## About this task
Only those lines running from the line that contains "-- includes both." through the end of the material are to be written out, each exactly as shown.

Task material START

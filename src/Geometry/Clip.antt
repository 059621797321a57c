-- ===== src/Geometry/Clip.antt =====
-- Clipping, combining and ordering the corners of rectangles, told by the points inside.
use plan9_ocaml.Prelude.{Bool, arith, ◌≡◌, ◌≤◌, ◌&&◌, true}
use plan9_ocaml.Prelude.{true, false}
use plan9_ocaml.Geometry.{
  lesser, greater, swap_x, swap_y, Point, Rectangle, ptinrect, rectclip, combinerect, rectinrect,
  canonrect, bias, Bool, true,
}

-- What the result of clipping `r` to `b` has to be at the point `p`.
unfoldable pub Clipped : Rectangle → Rectangle → Point → Bool × Rectangle → Type 0
Clipped r b p (true, c) = ptinrect p c ≡ (ptinrect p r && ptinrect p b)
Clipped r b p (false, c) = (c ≡ r) × ((ptinrect p r && ptinrect p b) ≡ false)

-- For every two rectangles and every point: a clipped rectangle holds the point exactly when both
-- rectangles hold it; and when they are said not to overlap, the first is left as it was and the
-- point is not in both.
pub rectclip-Clipped : (r b : Rectangle) (p : Point) → Clipped r b p (rectclip r b)
unfolding Clipped rectclip ptinrect lesser greater
rectclip-Clipped r b p = ground arith

-- For all rectangles: the combined rectangle includes both, and is included in every rectangle that
-- includes both.
pub combinerect-rectinrect :
    (r s t : Rectangle)
    → (rectinrect r (combinerect r s) ≡ true)
      × (rectinrect s (combinerect r s) ≡ true)
      × (rectinrect r t ≡ true → rectinrect s t ≡ true → rectinrect (combinerect r s) t ≡ true)
unfolding combinerect rectinrect lesser greater
combinerect-rectinrect r s t = ground arith

-- For every rectangle: after `canonrect` neither maximum is below its minimum, and a second
-- `canonrect` changes nothing.
pub canonrect-canonrect :
    (r : Rectangle)
    → (bias (canonrect r).min.x ≤ bias (canonrect r).max.x)
      × (bias (canonrect r).min.y ≤ bias (canonrect r).max.y)
      × (canonrect (canonrect r) ≡ canonrect r)
unfolding canonrect swap_x swap_y
canonrect-canonrect r = ground arith
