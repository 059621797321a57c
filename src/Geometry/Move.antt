-- ===== src/Geometry/Move.antt =====
-- Moving points and rectangles there and back.
use plan9_ocaml.Prelude.{◌<◌, ℕ, ◌≡◌, arith, ◌^◌, sub32, add32}
use plan9_ocaml.Geometry.{Point, Rectangle, rectaddpt, rectsubpt, ℕ, sub32, add32}

-- The coordinates are 32-bit words.
unfoldable pub IsPoint : Point → Type 0
IsPoint p = (p.x < 2 ^ 32) × (p.y < 2 ^ 32)

unfoldable pub IsRectangle : Rectangle → Type 0
unfolding IsPoint
IsRectangle r = IsPoint r.min × IsPoint r.max

there_and_back : (a b : ℕ) → a < 2 ^ 32 → b < 2 ^ 32 → sub32 (add32 a b) b ≡ a
there_and_back a b h k = omega arith

back_and_there : (a b : ℕ) → a < 2 ^ 32 → b < 2 ^ 32 → add32 (sub32 a b) b ≡ a
back_and_there a b h k = omega arith

-- For 32-bit coordinates: a rectangle moved by a point and back, in either order, is the same again,
-- with whatever wrapping on the way.
pub rectsubpt-rectaddpt :
    (r : Rectangle) (p : Point)
    → IsRectangle r
    → IsPoint p
    → (rectsubpt (rectaddpt r p) p ≡ r) × (rectaddpt (rectsubpt r p) p ≡ r)
unfolding IsRectangle rectsubpt rectaddpt
rectsubpt-rectaddpt r p h k = grind (arith, there_and_back, back_and_there)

Task material END

## Exercise solution
-- includes both.
pub combinerect-rectinrect :
    (r s t : Rectangle)
    → (rectinrect r (combinerect r s) ≡ true)
      × (rectinrect s (combinerect r s) ≡ true)
      × (rectinrect r t ≡ true → rectinrect s t ≡ true → rectinrect (combinerect r s) t ≡ true)
unfolding combinerect rectinrect lesser greater
combinerect-rectinrect r s t = ground arith

-- For every rectangle: after `canonrect` neither maximum is below its minimum, and a second
-- `canonrect` changes nothing.
pub canonrect-canonrect :
    (r : Rectangle)
    → (bias (canonrect r).min.x ≤ bias (canonrect r).max.x)
      × (bias (canonrect r).min.y ≤ bias (canonrect r).max.y)
      × (canonrect (canonrect r) ≡ canonrect r)
unfolding canonrect swap_x swap_y
canonrect-canonrect r = ground arith
repository 059621797321a57c
filename src/Geometry/Move.antt
-- ===== src/Geometry/Move.antt =====
-- Moving points and rectangles there and back.
use plan9_ocaml.Prelude.{◌<◌, ℕ, ◌≡◌, arith, ◌^◌, sub32, add32}
use plan9_ocaml.Geometry.{Point, Rectangle, rectaddpt, rectsubpt, ℕ, sub32, add32}

-- The coordinates are 32-bit words.
unfoldable pub IsPoint : Point → Type 0
IsPoint p = (p.x < 2 ^ 32) × (p.y < 2 ^ 32)

unfoldable pub IsRectangle : Rectangle → Type 0
unfolding IsPoint
IsRectangle r = IsPoint r.min × IsPoint r.max

there_and_back : (a b : ℕ) → a < 2 ^ 32 → b < 2 ^ 32 → sub32 (add32 a b) b ≡ a
there_and_back a b h k = omega arith

back_and_there : (a b : ℕ) → a < 2 ^ 32 → b < 2 ^ 32 → add32 (sub32 a b) b ≡ a
back_and_there a b h k = omega arith

-- For 32-bit coordinates: a rectangle moved by a point and back, in either order, is the same again,
-- with whatever wrapping on the way.
pub rectsubpt-rectaddpt :
    (r : Rectangle) (p : Point)
    → IsRectangle r
    → IsPoint p
    → (rectsubpt (rectaddpt r p) p ≡ r) × (rectaddpt (rectsubpt r p) p ≡ r)
unfolding IsRectangle rectsubpt rectaddpt
rectsubpt-rectaddpt r p h k = grind (arith, there_and_back, back_and_there)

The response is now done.